Not only failed login attempts, but also successful new logins, change in account credentials, change in account status etc should be notified immediately to the account owners with the required information so that users themself can actively involved in securing their accounts.

Adaptive multi-factor authentication
This is the all-out counter attack on the cracked/stolen passwords. Even if the provided password is correct, the event should be analyzed further and challenged for a second factor authentication. For example, if this is not the browser user normally login with, if this is not the usual geological region user login from, then this is a risky login. In such case multi-factor-authentication (ex: Google authenticator, Microsoft authenticator etc) should kick in. In case of the second factor authentication failure, the account should be lockdown.

If two factor authentication was successful, then notify the account owner of the successful new login. If two factor authentication failed, then immediately notify the account owner about the possible leakage of their password. Guide the user to change the password and enhance security.

Result

Let’s replay the scenario discussed above with the new situation in different combinations.

Case 1: A customer who has bought an item from the online shop four months ago now wants to buy a spare part for that.
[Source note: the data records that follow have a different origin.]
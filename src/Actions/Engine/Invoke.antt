-- ===== src/Actions/Engine/Invoke.antt =====
-- What an invocation may answer.
use myr.Prelude.{
  ◌≡◌, ◌≢◌, ◌↔◌, refl, sym, ap, ◌∙◌, true, false, not, ◌&&◌, Option, none, some, arith, Bool-cases,
  inl, inr, is_empty, is_some, is_some_and,
}
use myr.Prelude.Text.{Text, trim}
use myr.SqlGenerator.{
  SqlTarget, new_target, filtered_sorted_preview_sql, count_estimate_sql, with_column, estimate,
}
use myr.Actions.Catalog.{
  ActionId, ActionContext, SchemaSelection, preview_table, jump_to_related_table,
  run_health_diagnostics, previous_page, next_page, describe_table, show_indexes, show_create_table,
  count_estimate, run_current_query, apply_limit200, explain_query, build_filter_sort_query,
  insert_select_snippet, insert_join_snippet, cancel_running_query, export_csv, export_json,
  export_csv_gzip, export_json_gzip, export_json_lines, export_json_lines_gzip, save_bookmark,
  open_bookmark, copy_cell, copy_row, search_results, focus_query_editor,
}
use myr.Actions.Invocation.{
  ActionInvocation, run_sql, replace_query_editor_text, ActionEngineError, missing_query_text,
  action_disabled, Outcome, ok, err, ok_or, ◌>>=◌,
}
use myr.Actions.Snippets.{
  preview_limit, context_selected_target, context_selected_column, from_generated,
}
use myr.Actions.Enablement.{action_enabled, has_target, table_enabled}
use myr.Actions.Engine.{
  ActionsEngine, invocation, invoke, record_use, recorded, selected_target, non_blank,
}

-- The names of a selection, where there are names, are not blank.
abbrev IsNamed : Option Text → Type 0
IsNamed none = Unit
IsNamed (some name) = is_empty (trim name) ≡ false

abbrev pub HasNames : SchemaSelection → Type 0
HasNames s = IsNamed s.database × IsNamed s.table × IsNamed s.column

-- Whether there is an answer.
abbrev Succeeds : Outcome ActionInvocation → Type 0
Succeeds r = (i : ActionInvocation) × (r ≡ ok i)

target_some :
    (database table : Option Text)
    → IsNamed database
    → IsNamed table
    → (is_some table && is_some database) ≡ true
    → (t : SqlTarget) × (context_selected_target database table ≡ ok t) × (t.database ≡ database)
unfolding context_selected_target new_target
target_some (some d) (some t) hd ht e =
    (record { database = some d; table = t }, rw (ht, hd) refl, refl)
target_some (some d) none hd ht e = absurd (ground arith)
target_some none table hd ht e = absurd (ground arith)

estimate_some :
    (database : Option Text) (table : Text)
    → is_some database ≡ true
    → Succeeds (from_generated (estimate database table) >>= (λ sql. ok (run_sql sql)))
estimate_some none table h = absurd (ground arith)
estimate_some (some database) table h = (_, refl)

named_column :
    (column sql : Text)
    → is_empty (trim column) ≡ false
    → Succeeds
        (from_generated (with_column column sql) >>= (λ sql. ok (replace_query_editor_text sql)))
named_column column sql n = (replace_query_editor_text sql, rw n refl)

filter_some :
    (target : SqlTarget) (column : Option Text)
    → IsNamed column
    → is_some column ≡ true
    → Succeeds (
        context_selected_column column >>= (λ name.
          from_generated (filtered_sorted_preview_sql target name preview_limit)
          >>= (λ sql. ok (replace_query_editor_text sql))))
unfolding filtered_sorted_preview_sql context_selected_column
filter_some target none n h = absurd (ground arith)
filter_some target (some column) n h = named_column column _ n

database_some : (c : ActionContext) → has_target c ≡ true → is_some c.selection.database ≡ true
database_some c h = ground arith

module _ (c : ActionContext) (n : HasNames c.selection) (h : has_target c ≡ true) where
  the_target : (t : SqlTarget) × (selected_target c ≡ ok t) × (t.database ≡ c.selection.database)
  the_target = target_some c.selection.database c.selection.table n.0 n.1 h

  with_target :
      (f : SqlTarget → ActionInvocation) → Succeeds (selected_target c >>= (λ t. ok (f t)))
  with_target f = let (t, e, ed) = the_target in (f t, rw e refl)

  with_estimate : Succeeds (
      selected_target c
      >>= (λ t. from_generated (count_estimate_sql t) >>= (λ sql. ok (run_sql sql))))
  unfolding count_estimate_sql
  with_estimate =
      let (t, e, ed) = the_target in
      let (i, k) = estimate_some t.database t.table (rw ed (database_some c h)) in (i, rw e k)

  with_filter :
      is_some c.selection.column ≡ true
      → Succeeds (
          selected_target c >>= (λ t. context_selected_column c.selection.column >>= (λ column.
            from_generated (filtered_sorted_preview_sql t column preview_limit)
            >>= (λ sql. ok (replace_query_editor_text sql)))))
  with_filter hc =
      let (t, e, ed) = the_target in
      let (i, k) = filter_some t c.selection.column n.2 hc in (i, rw e k)

with_query :
    (q : Option Text)
    → is_some_and q (λ query. not (is_empty (trim query))) ≡ true
    → Succeeds (ok_or (non_blank q) missing_query_text >>= (λ query. ok (run_sql query)))
with_query none h = absurd (ground arith)
with_query (some q) h = (run_sql (trim q), rw h refl)

with_suggestion :
    (q : Option Text) (f : Text → Option Text) (g : Text → ActionInvocation) (e : ActionEngineError)
    → is_some_and q (λ query. is_some (f query)) ≡ true
    → Succeeds (ok_or q missing_query_text >>= (λ query. ok_or (f query) e >>= (λ s. ok (g s))))
with_suggestion none f g e h = absurd (ground arith)
with_suggestion (some q) f g e h = from (f q) h
  where
    from : (o : Option Text) → is_some o ≡ true → Succeeds (ok_or o e >>= (λ s. ok (g s)))
    from none k = absurd (ground arith)
    from (some s) k = (g s, refl)

table_enabled_lem : (c : ActionContext) → table_enabled c ≡ true → has_target c ≡ true
table_enabled_lem c h = ground arith

enabled-Succeeds :
    (a : ActionId) (c : ActionContext)
    → HasNames c.selection
    → action_enabled a c ≡ true
    → Succeeds (invocation a c)
unfolding action_enabled invocation
enabled-Succeeds preview_table c n h = with_target c n (table_enabled_lem c h) _
enabled-Succeeds jump_to_related_table c n h = (_, refl)
enabled-Succeeds run_health_diagnostics c n h = (_, refl)
enabled-Succeeds previous_page c n h = (_, refl)
enabled-Succeeds next_page c n h = (_, refl)
enabled-Succeeds describe_table c n h = with_target c n (table_enabled_lem c h) _
enabled-Succeeds show_indexes c n h = with_target c n (table_enabled_lem c h) _
enabled-Succeeds show_create_table c n h = with_target c n (table_enabled_lem c h) _
enabled-Succeeds count_estimate c n h = with_estimate c n (ground arith)
enabled-Succeeds run_current_query c n h = with_query c.query_text (ground arith)
enabled-Succeeds apply_limit200 c n h = with_suggestion c.query_text _ _ _ (ground arith)
enabled-Succeeds explain_query c n h = with_suggestion c.query_text _ _ _ (ground arith)
enabled-Succeeds build_filter_sort_query c n h = with_filter c n (ground arith) (ground arith)
enabled-Succeeds insert_select_snippet c n h = (_, refl)
enabled-Succeeds insert_join_snippet c n h = (_, refl)
enabled-Succeeds cancel_running_query c n h = (_, refl)
enabled-Succeeds export_csv c n h = (_, refl)
enabled-Succeeds export_json c n h = (_, refl)
enabled-Succeeds export_csv_gzip c n h = (_, refl)
enabled-Succeeds export_json_gzip c n h = (_, refl)
enabled-Succeeds export_json_lines c n h = (_, refl)
enabled-Succeeds export_json_lines_gzip c n h = (_, refl)
enabled-Succeeds save_bookmark c n h = (_, refl)
enabled-Succeeds open_bookmark c n h = (_, refl)
enabled-Succeeds copy_cell c n h = (_, refl)
enabled-Succeeds copy_row c n h = (_, refl)
enabled-Succeeds search_results c n h = (_, refl)
enabled-Succeeds focus_query_editor c n h = (_, refl)

invoke_of :
    (e : ActionsEngine) (a : ActionId) (c : ActionContext)
    → action_enabled a c ≡ true
    → invoke e a c ≡ recorded e a (invocation a c)
unfolding invoke
invoke_of e a c h = rw h refl

err≢ok : (error : ActionEngineError) (i : ActionInvocation) → err error ≢ ok i
err≢ok error i h = cc

refused :
    (e : ActionsEngine) (a : ActionId) (c : ActionContext)
    → action_enabled a c ≡ false
    → invoke e a c ≡ (e, err (action_disabled a))
unfolding invoke
refused e a c h = rw h refl

-- An action is enabled exactly when its invocation succeeds and is recorded as a use, if the
-- selected names are not blank: what enables an action is enough for it.
pub invoke_enabled :
    (e : ActionsEngine) (a : ActionId) (c : ActionContext)
    → HasNames c.selection
    → (action_enabled a c ≡ true)
      ↔ ((i : ActionInvocation) × (invoke e a c ≡ (record_use e a, ok i)))
invoke_enabled e a c names = (
  (λ h. let (i, k) = enabled-Succeeds a c names h in (i, invoke_of e a c h ∙ rw k refl)),
  (λ (i, k). elim (Bool-cases (action_enabled a c)) [
    | inl t ↦ t
    | inr f ↦ absurd (err≢ok (action_disabled a) i (ap (λ p. p.1) (sym (refused e a c f) ∙ k)))
  ]),
)

recorded_err :
    (e : ActionsEngine) (a : ActionId) (r : Outcome ActionInvocation) (error : ActionEngineError)
    → (recorded e a r).1 ≡ err error
    → (recorded e a r).0 ≡ e
recorded_err e a (ok i) error h = cc
recorded_err e a (err _) error h = refl

-- Whatever the error of an invocation, the engine is as it was before.
pub invoke_err :
    (e : ActionsEngine) (a : ActionId) (c : ActionContext) (error : ActionEngineError)
    → (invoke e a c).1 ≡ err error
    → (invoke e a c).0 ≡ e
invoke_err e a c error h = elim (Bool-cases (action_enabled a c)) [
  | inl t ↦
      rw (invoke_of e a c t) (recorded_err e a (invocation a c) error (rw (invoke_of e a c t) at h))
  | inr f ↦ unfold invoke in rw f refl
]
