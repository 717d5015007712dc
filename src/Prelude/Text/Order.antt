-- ===== src/Prelude/Text/Order.antt =====
-- The order of texts.
use mathlib.Core.Path.{◌≡◌, refl}
use mathlib.Core.Bool.{true, false}
use mathlib.Core.List.{[], ◌∷◌}
use native.Mathlib.Omega.{arith}
use myr.Prelude.Sort.{IsOrder}
use myr.Prelude.Text.{Text, text_lt}

pub text_lt_irrefl : (a : Text) → text_lt a a ≡ false
unfolding text_lt
text_lt_irrefl [] = refl
text_lt_irrefl (c ∷ a) = ground (arith, text_lt_irrefl a)

pub text_lt_asym : (a b : Text) → text_lt a b ≡ true → text_lt b a ≡ false
unfolding text_lt
text_lt_asym [] [] h = refl
text_lt_asym [] (d ∷ b) h = refl
text_lt_asym (c ∷ a) [] h = ground arith
text_lt_asym (c ∷ a) (d ∷ b) h = ground (arith, text_lt_asym a b)

pub text_lt_trans : (a b c : Text) → text_lt b a ≡ false → text_lt c b ≡ false → text_lt c a ≡ false
unfolding text_lt
text_lt_trans [] b [] h k = refl
text_lt_trans [] [] (e ∷ c) h k = refl
text_lt_trans [] (d ∷ b) (e ∷ c) h k = refl
text_lt_trans (x ∷ a) [] c h k = ground arith
text_lt_trans (x ∷ a) (d ∷ b) [] h k = ground arith
text_lt_trans (x ∷ a) (d ∷ b) (e ∷ c) h k = ground (arith, text_lt_trans a b c)

-- Two texts of which neither is less are the same.
pub text_lt_total : (a b : Text) → text_lt a b ≡ false → text_lt b a ≡ false → a ≡ b
unfolding text_lt
text_lt_total [] [] h k = refl
text_lt_total [] (d ∷ b) h k = ground arith
text_lt_total (c ∷ a) [] h k = ground arith
text_lt_total (c ∷ a) (d ∷ b) h k = ground (arith, text_lt_total a b)

pub text-IsOrder : IsOrder text_lt
text-IsOrder = record { asym = text_lt_asym; trans = text_lt_trans }
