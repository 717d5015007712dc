-- ===== src/Actions/Engine/Order.antt =====
-- The order of the ranking: higher scores first, and titles among equal scores.
use myr.Prelude.{◌≡◌, true, false, arith}
use myr.Prelude.Sort.{IsOrder}
use myr.Prelude.Text.Order.{text_lt_asym, text_lt_trans}
use myr.Actions.Invocation.{RankedAction}
use myr.Actions.Engine.{ranks_before}

ranks_asym : (a b : RankedAction) → ranks_before a b ≡ true → ranks_before b a ≡ false
unfolding ranks_before
ranks_asym a b h = ground (arith, text_lt_asym a.title b.title)

ranks_trans :
    (a b c : RankedAction)
    → ranks_before b a ≡ false
    → ranks_before c b ≡ false
    → ranks_before c a ≡ false
unfolding ranks_before
ranks_trans a b c h k = ground (arith, text_lt_trans a.title b.title c.title)

pub ranks-IsOrder : IsOrder ranks_before
ranks-IsOrder = record { asym = ranks_asym; trans = ranks_trans }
Customer now tries to login to the online shop. He uses his favorite browser in his computer to visit the online shop. He enters his username and password and login. Since its the usual browser, no two factor authentication is promoted. User simply landed in the online shop and continue his shopping.
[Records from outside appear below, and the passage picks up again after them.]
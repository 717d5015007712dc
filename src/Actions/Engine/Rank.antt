-- ===== src/Actions/Engine/Rank.antt =====
-- The list of the best actions, and what a use does to the scores.
use mathlib.Core.List.{Perm}
use mathlib.Core.Option
use mathlib.Core.Path.{subst}
use myr.Prelude.{
  ℕ, ◌+◌, ◌≤◌, ◌<◌, ◌≡◌, ◌≢◌, refl, Bool, true, false, Option, none, some, List, arith, All,
  All-take, All-filter, All-map, length, length-take, take, filter, max_u64, saturating_add,
  Bool-cases, inl, inr, ◌==◌, ◌⊎◌, [], ◌∷◌, suc, ◌-◌, map, if◌then◌else◌,
}
use myr.Prelude.Assoc.{get, get-insert, get-insert_self}
use myr.Prelude.Sort.{sort_by, sort_by-perm, sort_by-IsSorted, All-sort_by, IsSorted}
use myr.Prelude.Text.{text_lt}
use myr.Actions.Ranking.{action_base_score}
use myr.Actions.Catalog.{
  ActionDefinition, ActionId, ActionContext, actions, action_index, action_eq, action_eq_iff,
}
use myr.Actions.Invocation.{RankedAction}
use myr.Actions.Enablement.{action_enabled}
use myr.Actions.Engine.{
  ActionsEngine, new, recency_boost, record_use, ranked, ranks_before, rank_all, rank_top_n, boost,
}
use myr.Actions.Engine.Order.{ranks-IsOrder}

abbrev pub IsEnabled : ActionContext → RankedAction → Type 0
IsEnabled c r = action_enabled r.id c ≡ true

rank_all-IsEnabled : (e : ActionsEngine) (c : ActionContext) → All (IsEnabled c) (rank_all e c)
unfolding rank_all ranked
rank_all-IsEnabled e c =
    All-map (IsEnabled c) (ranked e c) (filter (λ a. action_enabled a.id c) actions) (
      All-filter (λ a. action_enabled a.id c ≡ true) (λ a. action_enabled a.id c) actions
        (λ a h. h))

-- How many uses there were since the last one of an action, in a history with the latest first.
abbrev pub uses_since : List ActionId → ActionId → Option ℕ
uses_since [] a = none
uses_since (b ∷ history) a =
    if action_eq.beq b a then some 0 else Option.map suc (uses_since history a)

abbrev pub bonus : Option ℕ → ℕ
bonus none = 0
bonus (some k) = 25 - k

-- A new engine after the uses of a history.
abbrev pub used : List ActionId → ActionsEngine
used [] = new
used (a ∷ history) = record_use (used history) a

-- What the list shows of an action: its base score, and 25 less one for each use since its last.
abbrev pub scored : List ActionId → ActionContext → ActionDefinition → RankedAction
scored history c action = record {
  id = action.id;
  title = action.title;
  score = action_base_score action.id c + bonus (uses_since history action.id);
}

-- A higher score, or the same one and a title that is not greater.
abbrev pub IsNotBehind : RankedAction → RankedAction → Type 0
IsNotBehind x y = (y.score < x.score) ⊎ ((y.score ≡ x.score) × (text_lt y.title x.title ≡ false))

abbrev pub IsBestFirst : List RankedAction → Type 0
IsBestFirst [] = Unit
IsBestFirst (x ∷ xs) = All (IsNotBehind x) xs × IsBestFirst xs

-- The tick of the last use, and the uses since then.
abbrev IsLast : ℕ → Option ℕ → Option ℕ → Type 0
IsLast n none none = Unit
IsLast n none (some k) = ⊥
IsLast n (some t) none = ⊥
IsLast n (some t) (some k) = t + k ≡ n

later-IsLast : (n : ℕ) (t k : Option ℕ) → IsLast n t k → IsLast (suc n) t (Option.map suc k)
later-IsLast n none none h = tt
later-IsLast n none (some k) h = absurd h
later-IsLast n (some t) none h = absurd h
later-IsLast n (some t) (some k) h = omega arith

step-IsLast :
    (same : Bool) (n : ℕ) (t k : Option ℕ)
    → IsLast n t k
    → IsLast (suc n) (if same then some (suc n) else t) (if same then some 0 else Option.map suc k)
step-IsLast true n t k h = omega arith
step-IsLast false n t k h = later-IsLast n t k h

boost-IsLast : (n : ℕ) (t k : Option ℕ) → IsLast n t k → boost n t ≡ bonus k
boost-IsLast n none none h = refl
boost-IsLast n none (some k) h = absurd h
boost-IsLast n (some t) none h = absurd h
boost-IsLast n (some t) (some k) h = omega arith

recency_tick-used :
    (history : List ActionId)
    → length history < max_u64
    → (used history).recency_tick ≡ length history
unfolding record_use
recency_tick-used [] h = refl
recency_tick-used (a ∷ history) h =
    let before : (used history).recency_tick ≡ length history =
      recency_tick-used history (omega arith) in
    rw before (omega arith)

recency-IsLast :
    (history : List ActionId) (a : ActionId)
    → length history < max_u64
    → IsLast (length history) (get (used history).recency a) (uses_since history a)
unfolding record_use get
recency-IsLast [] a h = tt
recency-IsLast (b ∷ history) a h =
    let tick : saturating_add (used history).recency_tick 1 ≡ suc (length history) =
      rw (recency_tick-used history (omega arith)) (omega arith) in
    rw (get-insert (used history).recency b a (saturating_add (used history).recency_tick 1)) (
      rw tick (
        step-IsLast (action_eq.beq b a) (length history) (get (used history).recency a)
          (uses_since history a) (recency-IsLast history a (omega arith))))

ranked-used :
    (history : List ActionId) (c : ActionContext) (action : ActionDefinition)
    → length history < max_u64
    → ranked (used history) c action ≡ scored history c action
unfolding ranked recency_boost
ranked-used history c action h =
    let bonus_of : boost (used history).recency_tick (get (used history).recency action.id)
        ≡ bonus (uses_since history action.id) =
      rw (recency_tick-used history h)
        (boost-IsLast (length history) _ _ (recency-IsLast history action.id h)) in
    simp bonus_of refl

all_ranked :
    (history : List ActionId) (c : ActionContext) (xs : List ActionDefinition)
    → length history < max_u64
    → map (ranked (used history) c) xs ≡ map (scored history c) xs
all_ranked history c [] h = refl
all_ranked history c (x ∷ xs) h =
    let first = ranked-used history c x h in let rest = all_ranked history c xs h in cc

ranks-IsNotBehind : (x y : RankedAction) → ranks_before y x ≡ false → IsNotBehind x y
unfolding ranks_before
ranks-IsNotBehind x y h = elim (Bool-cases (x.score == y.score)) [
  | inl same ↦ inr (ground arith, ground arith)
  | inr other ↦ inl (ground arith)
]

All-IsNotBehind :
    (x : RankedAction) (ys : List RankedAction)
    → All (λ y. ranks_before y x ≡ false) ys
    → All (IsNotBehind x) ys
All-IsNotBehind x [] h = tt
All-IsNotBehind x (y ∷ ys) (hy, h) = (ranks-IsNotBehind x y hy, All-IsNotBehind x ys h)

best_first : (xs : List RankedAction) → IsSorted ranks_before xs → IsBestFirst xs
best_first [] h = tt
best_first (x ∷ xs) (hx, h) = (All-IsNotBehind x xs hx, best_first xs h)

-- After fewer uses than the largest `u64`, the best `limit` actions are the beginning of a list
-- that has every enabled action of the registry once and nothing else, each with its base score and
-- a bonus of 25 less one for each use since its own last one. An action in it has a higher score
-- than each later one, or the same score and a title that is not greater. No more than `limit` are
-- returned, and each of them is enabled.
pub rank_top_n_lem :
    (history : List ActionId) (c : ActionContext) (limit : ℕ)
    → length history < max_u64
    → (full : List RankedAction) × (rank_top_n (used history) c limit ≡ take limit full)
      × Perm full (map (scored history c) (filter (λ a. action_enabled a.id c) actions))
      × IsBestFirst full
      × All (IsEnabled c) (rank_top_n (used history) c limit)
      × (length (rank_top_n (used history) c limit) ≤ limit)
unfolding rank_top_n rank_all
rank_top_n_lem history c limit h =
    let e = used history in
    let full = sort_by ranks_before (rank_all e c) in
    let same = all_ranked history c (filter (λ a. action_enabled a.id c) actions) h in
    (
      full,
      refl,
      subst (Perm full) same (sort_by-perm ranks_before (rank_all e c)),
      best_first full (sort_by-IsSorted ranks-IsOrder (rank_all e c)),
      All-take (IsEnabled c) limit full
          (All-sort_by ranks_before (IsEnabled c) (rank_all e c) (rank_all-IsEnabled e c)),
      omega (arith, length-take limit full),
    )

boost_step :
    (tick tick' : ℕ) (o : Option ℕ)
    → tick' ≡ tick + 1
    → (boost tick' o ≤ boost tick o) × (boost tick o ≤ boost tick' o + 1)
boost_step tick tick' none e = omega arith
boost_step tick tick' (some t) e = omega arith

other_index : (a b : ActionId) → a ≢ b → (action_index a == action_index b) ≡ false
other_index a b ne = elim (Bool-cases (action_index a == action_index b)) [
  | inl same ↦ absurd (ne ((action_eq_iff a b).0 same))
  | inr other ↦ other
]

other_boost :
    (e : ActionsEngine) (a b : ActionId)
    → e.recency_tick < max_u64
    → a ≢ b
    → (recency_boost (record_use e a) b ≤ recency_boost e b)
      × (recency_boost e b ≤ recency_boost (record_use e a) b + 1)
unfolding recency_boost record_use
other_boost e a b h ne = rw (get-insert e.recency a b (saturating_add e.recency_tick 1)) (
    rw (other_index a b ne)
      (boost_step e.recency_tick (saturating_add e.recency_tick 1) (get e.recency b) (omega arith)))

-- The action that was just used has the full boost of 25. The boost of the others does not grow
-- and falls by one at most, while the counter is below the largest `u64`.
pub recency_boost-record_use :
    (e : ActionsEngine) (a b : ActionId)
    → e.recency_tick < max_u64
    → a ≢ b
    → (recency_boost (record_use e a) a ≡ 25)
      × (recency_boost (record_use e a) b ≤ recency_boost e b)
      × (recency_boost e b ≤ recency_boost (record_use e a) b + 1)
unfolding recency_boost record_use
recency_boost-record_use e a b h ne =
    let (falls, near) = other_boost e a b h ne in
    (rw (get-insert_self e.recency a (saturating_add e.recency_tick 1)) (omega arith), falls, near)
Case 2: A customer who has bought an item from the online shop four months ago now wants to buy a spare part for that. Customer now tries to login to the online shop. He uses his wife’s computer this time visit the online shop. He enters his username and password and click login. Upon clicking login, system prompts for two-factor authentication, user provides the code from the authenticator and continue to the online shop.

Case 3: An attacker has successfully uncovered the customers password through other means. Then the attacker tries to access the online shop with the stolen password. System detects the login is from a different browser & location than usual, therefore it prompts for two factor authentication. Since the attacker doesn’t have physical access to the customer’s device the login attempt fails. Then the system immediately locks the account and notifies the customer about incident and instruct the customer to change password and recover the account.

Conclusion

Regardless the type of security implementation in a CIAM solution, the security risk associated with simple passwords cannot be root out. End users must be educated and encouraged to use complex passwords. However, enforcing enterprise like password policies do not help customer facing solutions. An adaptive multi-factor enabled solution can provide enhanced account security without compromising the user experience.